§ Activity
What lines of the material below hold the string "that"? Copy them out.

§ Input data
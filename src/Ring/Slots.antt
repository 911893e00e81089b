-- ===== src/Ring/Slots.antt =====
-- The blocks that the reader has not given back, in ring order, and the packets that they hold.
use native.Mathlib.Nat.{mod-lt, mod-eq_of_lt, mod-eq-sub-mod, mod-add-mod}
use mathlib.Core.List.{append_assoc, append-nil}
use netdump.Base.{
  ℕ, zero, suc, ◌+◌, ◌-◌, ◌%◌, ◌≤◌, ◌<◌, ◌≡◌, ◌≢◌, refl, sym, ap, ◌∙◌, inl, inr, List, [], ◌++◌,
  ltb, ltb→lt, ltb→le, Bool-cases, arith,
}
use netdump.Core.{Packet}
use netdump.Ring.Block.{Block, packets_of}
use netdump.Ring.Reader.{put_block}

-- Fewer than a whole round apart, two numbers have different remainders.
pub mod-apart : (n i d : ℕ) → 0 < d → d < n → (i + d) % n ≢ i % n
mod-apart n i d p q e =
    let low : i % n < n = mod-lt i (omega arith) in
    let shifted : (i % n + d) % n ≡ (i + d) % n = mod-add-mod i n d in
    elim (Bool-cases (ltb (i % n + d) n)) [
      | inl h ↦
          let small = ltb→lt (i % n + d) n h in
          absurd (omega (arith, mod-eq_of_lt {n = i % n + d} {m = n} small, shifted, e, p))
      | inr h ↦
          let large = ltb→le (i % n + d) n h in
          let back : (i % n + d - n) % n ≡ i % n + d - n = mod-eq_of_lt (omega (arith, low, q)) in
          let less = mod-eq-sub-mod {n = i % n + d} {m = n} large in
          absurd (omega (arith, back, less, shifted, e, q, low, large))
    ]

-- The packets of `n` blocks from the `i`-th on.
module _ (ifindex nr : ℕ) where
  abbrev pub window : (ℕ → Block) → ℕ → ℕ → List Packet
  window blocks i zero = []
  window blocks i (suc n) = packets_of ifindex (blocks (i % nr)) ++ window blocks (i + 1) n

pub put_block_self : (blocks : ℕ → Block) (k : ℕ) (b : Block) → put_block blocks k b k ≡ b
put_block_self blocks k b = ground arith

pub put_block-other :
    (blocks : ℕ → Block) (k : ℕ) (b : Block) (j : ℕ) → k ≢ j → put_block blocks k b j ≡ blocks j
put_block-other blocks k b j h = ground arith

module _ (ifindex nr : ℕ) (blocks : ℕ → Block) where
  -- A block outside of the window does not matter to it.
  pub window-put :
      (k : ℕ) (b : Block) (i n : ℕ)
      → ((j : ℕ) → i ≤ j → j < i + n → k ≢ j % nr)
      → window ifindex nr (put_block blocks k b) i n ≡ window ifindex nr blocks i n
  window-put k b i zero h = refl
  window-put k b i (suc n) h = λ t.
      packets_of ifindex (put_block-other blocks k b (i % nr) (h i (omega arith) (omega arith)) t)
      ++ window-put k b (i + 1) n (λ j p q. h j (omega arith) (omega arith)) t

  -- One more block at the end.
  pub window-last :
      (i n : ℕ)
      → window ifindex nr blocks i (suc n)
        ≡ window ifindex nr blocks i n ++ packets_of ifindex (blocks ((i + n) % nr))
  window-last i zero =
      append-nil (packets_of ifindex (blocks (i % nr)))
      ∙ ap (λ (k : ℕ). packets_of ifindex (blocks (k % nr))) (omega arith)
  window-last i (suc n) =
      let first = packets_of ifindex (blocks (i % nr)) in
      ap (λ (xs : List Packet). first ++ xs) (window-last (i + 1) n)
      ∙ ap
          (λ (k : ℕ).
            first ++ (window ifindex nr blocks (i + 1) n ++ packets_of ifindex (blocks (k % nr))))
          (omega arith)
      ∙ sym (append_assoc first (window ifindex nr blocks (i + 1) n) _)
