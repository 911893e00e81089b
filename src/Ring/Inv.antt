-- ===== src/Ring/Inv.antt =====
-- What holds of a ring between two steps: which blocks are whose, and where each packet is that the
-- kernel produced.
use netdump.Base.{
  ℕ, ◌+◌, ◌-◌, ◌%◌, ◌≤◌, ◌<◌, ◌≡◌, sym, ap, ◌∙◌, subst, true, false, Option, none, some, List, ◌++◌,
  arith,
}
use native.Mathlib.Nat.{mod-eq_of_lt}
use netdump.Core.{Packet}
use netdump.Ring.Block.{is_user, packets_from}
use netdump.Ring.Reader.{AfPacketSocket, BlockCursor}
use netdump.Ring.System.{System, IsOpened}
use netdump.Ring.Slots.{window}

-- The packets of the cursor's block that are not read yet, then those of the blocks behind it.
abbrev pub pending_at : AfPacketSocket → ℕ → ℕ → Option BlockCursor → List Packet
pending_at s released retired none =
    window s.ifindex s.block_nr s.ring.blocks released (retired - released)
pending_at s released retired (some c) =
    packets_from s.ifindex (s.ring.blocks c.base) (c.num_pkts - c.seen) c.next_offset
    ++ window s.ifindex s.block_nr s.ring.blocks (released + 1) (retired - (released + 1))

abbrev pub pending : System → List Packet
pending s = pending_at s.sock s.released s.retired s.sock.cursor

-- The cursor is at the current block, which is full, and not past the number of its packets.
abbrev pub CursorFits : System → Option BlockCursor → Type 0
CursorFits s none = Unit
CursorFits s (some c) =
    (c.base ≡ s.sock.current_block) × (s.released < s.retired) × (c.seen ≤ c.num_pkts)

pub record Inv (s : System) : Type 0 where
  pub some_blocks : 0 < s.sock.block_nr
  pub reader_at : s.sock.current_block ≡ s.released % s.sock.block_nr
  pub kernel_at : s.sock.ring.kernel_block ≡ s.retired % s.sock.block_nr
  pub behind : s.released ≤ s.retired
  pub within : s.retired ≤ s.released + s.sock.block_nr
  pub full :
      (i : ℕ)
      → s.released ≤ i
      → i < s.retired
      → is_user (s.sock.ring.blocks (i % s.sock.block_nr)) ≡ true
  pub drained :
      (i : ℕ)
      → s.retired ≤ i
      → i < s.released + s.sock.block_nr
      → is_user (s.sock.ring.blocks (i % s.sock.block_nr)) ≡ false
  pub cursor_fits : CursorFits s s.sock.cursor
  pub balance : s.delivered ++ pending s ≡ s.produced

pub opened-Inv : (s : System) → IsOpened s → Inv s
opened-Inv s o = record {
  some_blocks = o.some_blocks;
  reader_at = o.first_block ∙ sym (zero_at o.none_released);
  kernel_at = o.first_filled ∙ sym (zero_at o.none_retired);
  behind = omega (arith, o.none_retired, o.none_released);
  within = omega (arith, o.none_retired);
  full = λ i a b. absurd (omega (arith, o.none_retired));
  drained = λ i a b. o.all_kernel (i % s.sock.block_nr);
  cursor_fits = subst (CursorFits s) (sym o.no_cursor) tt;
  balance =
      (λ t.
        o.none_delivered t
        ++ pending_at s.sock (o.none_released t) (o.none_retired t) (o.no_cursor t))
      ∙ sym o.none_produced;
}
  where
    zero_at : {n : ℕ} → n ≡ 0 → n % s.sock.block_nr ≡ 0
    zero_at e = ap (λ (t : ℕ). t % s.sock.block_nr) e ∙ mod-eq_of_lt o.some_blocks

§ Response to this exercise
-- The blocks that the reader has not given back, in ring order, and the packets that they hold.
-- What holds of a ring between two steps: which blocks are whose, and where each packet is that the
-- The packets of the cursor's block that are not read yet, then those of the blocks behind it.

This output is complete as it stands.